Winex-cvs est la version la plus a jour car c'est celle qui en developpement elle est dans le cvs), tandis que winex est une version stable.

Les deux sont gratuites, mais il est vrai que Transgaming qui travaille dessus fait payé les version packagée de WineX (rpm)

Quant à la stabilité je ne peux te répondre, car je n'arrive pas à lancer l'installation des jeux que j'essaie (GTAIII et The Sims)

----------

## Atreillou

ok   je te remercie

ps: gta est censé passé...

j'a pris le dernier winex  (de novembre)   je vous tiens au courant.   @+

----------

## crevette

Tu peux me donner les paramètres pour GTAIII.

car je les payer 370 balles, c'est pour pouvoir y jouer (même sous Linux)

----------

## Mat_le_ouf

Là y'a quand même un truc que je comprends pas, pourquoi tu t'installe pas une version de Windows en dual boot (Win98 suffira amplement pour jouer si t'es allergique à XP)?

Il ne me viendrait même pas à l'esprit de faire tourner un jeu Windows sous Linux, surtout quand j'ai Windows installé sur mon ordi   :Confused: 

----------

## _SkeLeToN_

En passant pour The sims il est plutot problematique en ce moment et meme la version payante a des problemes.  J'ai reussi à installer The sims comme ceci :

mount /dev/cdrom /mnt/cdrom

cd /mnt/cdrom/setup/English (tu peux prendre francais)

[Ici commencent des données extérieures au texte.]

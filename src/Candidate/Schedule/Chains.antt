-- ===== src/Candidate/Schedule/Chains.antt =====
-- Selections from a list of candidates, latest first, and what the table of the dynamic programme
-- holds: for every prefix of the sorted group a selection of greatest coverage.
use aninode.Prelude.{
  ℕ, ◌≡◌, ap, ◌∙◌, sym, List, [], ◌∷◌, ◌++◌, reverse, ℤ, pos, ◌≤ℤ◌, ◌<ℤ◌, ◌+ℤ◌, ltb_ℤ, ltb_ℤ→lt,
  ltb_ℤ→le, All, All-map, Ordered, arith, int_laws, pos_part, neg_part, Bool-cases, inl, inr,
}
use mathlib.Core.List.{reverse-append}
use aninode.Episode.{Key, end_of, width}
use aninode.Candidate.Schedule.{Selection, previous_selection, latest}

-- Some of the elements of a list, in their order, each related to those behind it.
pub data Pick {ℓ} (R : ℕ → ℕ → Type ℓ) : List ℕ → List ℕ → Type ℓ where
  stop : Pick R [] []
  skip : {d : ℕ} {c ds : List ℕ} → Pick R c ds → Pick R c (d ∷ ds)
  keep : {d : ℕ} {c ds : List ℕ} → All (R d) c → Pick R c ds → Pick R (d ∷ c) (d ∷ ds)

pub Pick-All {ℓ κ} :
    {R : ℕ → ℕ → Type ℓ} (P : ℕ → Type κ) {c ds : List ℕ} → Pick R c ds → All P ds → All P c
Pick-All P stop h = tt
Pick-All P (skip p) h = Pick-All P p h.1
Pick-All P (keep r p) h = (h.0, Pick-All P p h.1)

Pick-none {ℓ} : {R : ℕ → ℕ → Type ℓ} (ds : List ℕ) → Pick R [] ds
Pick-none [] = stop
Pick-none (d ∷ ds) = skip (Pick-none ds)

module _ (ep : ℕ → Key) where
  -- `y` ends before `x` starts.
  abbrev pub EndsBefore : ℕ → ℕ → Type 0
  EndsBefore x y = end_of (ep y) <ℤ (ep x).episode_start

  -- `y` does not end after `x`.
  abbrev pub EndsUpTo : ℕ → ℕ → Type 0
  EndsUpTo x y = end_of (ep y) ≤ℤ end_of (ep x)

  -- The coverage of a set of candidates.
  unfoldable pub total_width : List ℕ → ℤ
  total_width [] = pos 0
  total_width (x ∷ xs) = total_width xs +ℤ width (ep x)

  -- `s` is a chain of candidates of `ds` in which `Fits` holds throughout, of greatest coverage.
  pub record BestAmong (Fits : ℕ → Type 0) (ds : List ℕ) (s : Selection) : Type 0 where
    pub chain : List ℕ
    pub picked : Pick EndsBefore chain ds
    pub fits : All Fits chain
    pub indexes : s.indexes ≡ reverse chain
    pub coverage : s.coverage ≡ total_width chain
    pub greatest : (c : List ℕ) → Pick EndsBefore c ds → All Fits c → total_width c ≤ℤ s.coverage

  abbrev pub Anything : ℕ → Type 0
  Anything x = Unit

  unfoldable pub Best : List ℕ → Selection → Type 0
  Best = BestAmong Anything

  pub All-Anything : (c : List ℕ) → All Anything c
  All-Anything [] = tt
  All-Anything (x ∷ xs) = (tt, All-Anything xs)

  -- The table: the best selections for a list and for each of its ends, down to the empty one.
  abbrev pub Table : List ℕ → List Selection → Type 0
  Table ds [] = ⊥
  Table [] (s ∷ []) = Best [] s
  Table [] (s ∷ t ∷ ss) = ⊥
  Table (d ∷ ds) (s ∷ ss) = Best (d ∷ ds) s × Table ds ss

  restrict :
      (P : ℕ → Type 0) (ds : List ℕ) (s : Selection) → All P ds → Best ds s → BestAmong P ds s
  unfolding Best
  restrict P ds s h b = record {
    chain = b.chain;
    picked = b.picked;
    fits = Pick-All P b.picked h;
    indexes = b.indexes;
    coverage = b.coverage;
    greatest = λ c p f. b.greatest c p (All-Anything c);
  }

  -- A chain whose elements fit leaves out a head that does not.
  leave_head :
      (P : ℕ → Type 0) {d : ℕ} {ds c : List ℕ}
      → ¬ (P d)
      → Pick EndsBefore c (d ∷ ds)
      → All P c
      → Pick EndsBefore c ds
  leave_head P h (skip p) f = p
  leave_head P h (keep r p) f = absurd (h f.0)

  later_head :
      (P : ℕ → Type 0) {d : ℕ} {ds : List ℕ} {s : Selection}
      → ¬ (P d)
      → BestAmong P ds s
      → BestAmong P (d ∷ ds) s
  later_head P h b = record {
    chain = b.chain;
    picked = skip b.picked;
    fits = b.fits;
    indexes = b.indexes;
    coverage = b.coverage;
    greatest = λ c p f. b.greatest c (leave_head P h p f) f;
  }

  -- The scan finds the best selection of candidates that end before `start`.
  pub BestAmong-previous :
      (start : ℤ) (ds : List ℕ) (ss : List Selection)
      → Ordered EndsUpTo ds
      → Table ds ss
      → BestAmong (λ y. end_of (ep y) <ℤ start) ds (previous_selection ep start ds ss)
  unfolding previous_selection
  BestAmong-previous start [] [] o t = elim t [ ]
  BestAmong-previous start [] (s ∷ []) o t = restrict _ [] s tt t
  BestAmong-previous start [] (s ∷ s' ∷ ss) o t = elim t [ ]
  BestAmong-previous start (d ∷ ds) [] o t = elim t [ ]
  BestAmong-previous start (d ∷ ds) (s ∷ ss) o t =
      let earlier = BestAmong-previous start ds ss o.1 t.1 in
      elim (Bool-cases (ltb_ℤ (end_of (ep d)) start)) [
        | inl ends ↦
            rw ends (restrict _ (d ∷ ds) s (below (ltb_ℤ→lt (end_of (ep d)) start ends)) t.0)
        | inr runs ↦
            rw runs (later_head _ (λ h. omega (arith, ltb_ℤ→le (end_of (ep d)) start runs)) earlier)
      ]
    where
      below : end_of (ep d) <ℤ start → All (λ y. end_of (ep y) <ℤ start) (d ∷ ds)
      below h = (h, All-map (EndsUpTo d) (λ y. end_of (ep y) <ℤ start) ds (λ y k. omega arith) o.0)

  pub Best-latest : (ds : List ℕ) (ss : List Selection) → Table ds ss → Best ds (latest ss)
  unfolding latest
  Best-latest [] [] t = elim t [ ]
  Best-latest [] (s ∷ []) t = t
  Best-latest [] (s ∷ s' ∷ ss) t = elim t [ ]
  Best-latest (d ∷ ds) [] t = elim t [ ]
  Best-latest (d ∷ ds) (s ∷ ss) t = t.0

  -- A selection that adds candidate `i` to the best one that it can follow.
  unfoldable pub Follows : ℕ → List ℕ → Selection → Selection → Type 0
  Follows i ds previous include =
      BestAmong (EndsBefore i) ds previous
      × (include.indexes ≡ previous.indexes ++ i ∷ [])
      × (include.coverage ≡ previous.coverage +ℤ width (ep i))

  -- No chain with `i` in front covers more than `m`, if none without it does and none behind it covers
  -- more than `m` less the width of `i`.
  chain_bound :
      (i : ℕ) (ds : List ℕ) (previous s : Selection) (m : ℤ)
      → BestAmong (EndsBefore i) ds previous
      → Best ds s
      → s.coverage ≤ℤ m
      → previous.coverage +ℤ width (ep i) ≤ℤ m
      → (c : List ℕ) → Pick EndsBefore c (i ∷ ds)
      → total_width c ≤ℤ m
  unfolding Best total_width
  chain_bound i ds previous s m b other h k c (skip p) =
      let g = other.greatest c p (All-Anything c) in omega arith
  chain_bound i ds previous s m b other h k (_ ∷ c) (keep f p) =
      let g = b.greatest c p f in omega int_laws

  pub included :
      (i : ℕ) (ds : List ℕ) (previous include s : Selection)
      → Follows i ds previous include
      → Best ds s
      → s.coverage ≤ℤ include.coverage
      → Best (i ∷ ds) include
  unfolding Best total_width Follows
  included i ds previous include s (b, e, v) other more = record {
    chain = i ∷ b.chain;
    picked = keep b.fits b.picked;
    fits = All-Anything (i ∷ b.chain);
    indexes = e ∙ ap (λ l. l ++ i ∷ []) b.indexes ∙ sym (reverse-append (i ∷ []) b.chain);
    coverage = v ∙ ap (λ t. t +ℤ width (ep i)) b.coverage;
    greatest = λ c p f.
        chain_bound i ds previous s include.coverage b other more
          (let above = ap pos_part v in let below = ap neg_part v in omega arith) c p;
  }

  pub excluded :
      (i : ℕ) (ds : List ℕ) (previous include s : Selection)
      → Follows i ds previous include
      → Best ds s
      → include.coverage ≤ℤ s.coverage
      → Best (i ∷ ds) s
  unfolding Best total_width Follows
  excluded i ds previous include s (b, e, v) other less = record {
    chain = other.chain;
    picked = skip other.picked;
    fits = other.fits;
    indexes = other.indexes;
    coverage = other.coverage;
    greatest = λ c p f.
        chain_bound i ds previous s s.coverage b other (omega arith)
          (let above = ap pos_part v in let below = ap neg_part v in omega arith) c p;
  }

winex-cvs --winver win98 -- _s327.exe 1  ( je pense que tu dois changer 1 pour 2 ou 3 pour l'avoir en francais )

The sims s'install et je peux jouer mais les graphic sont lent et je n'ai pas pus installer aucun addon (comme The sims living large )

J'utilise la version winex-cvs-2.2.1 

Pour ce qui est de GTAIII je sais pas peut etre faire une recherche dans la section games & Players.  Sinon tu peux toujours regarder dans la base de donner de winex.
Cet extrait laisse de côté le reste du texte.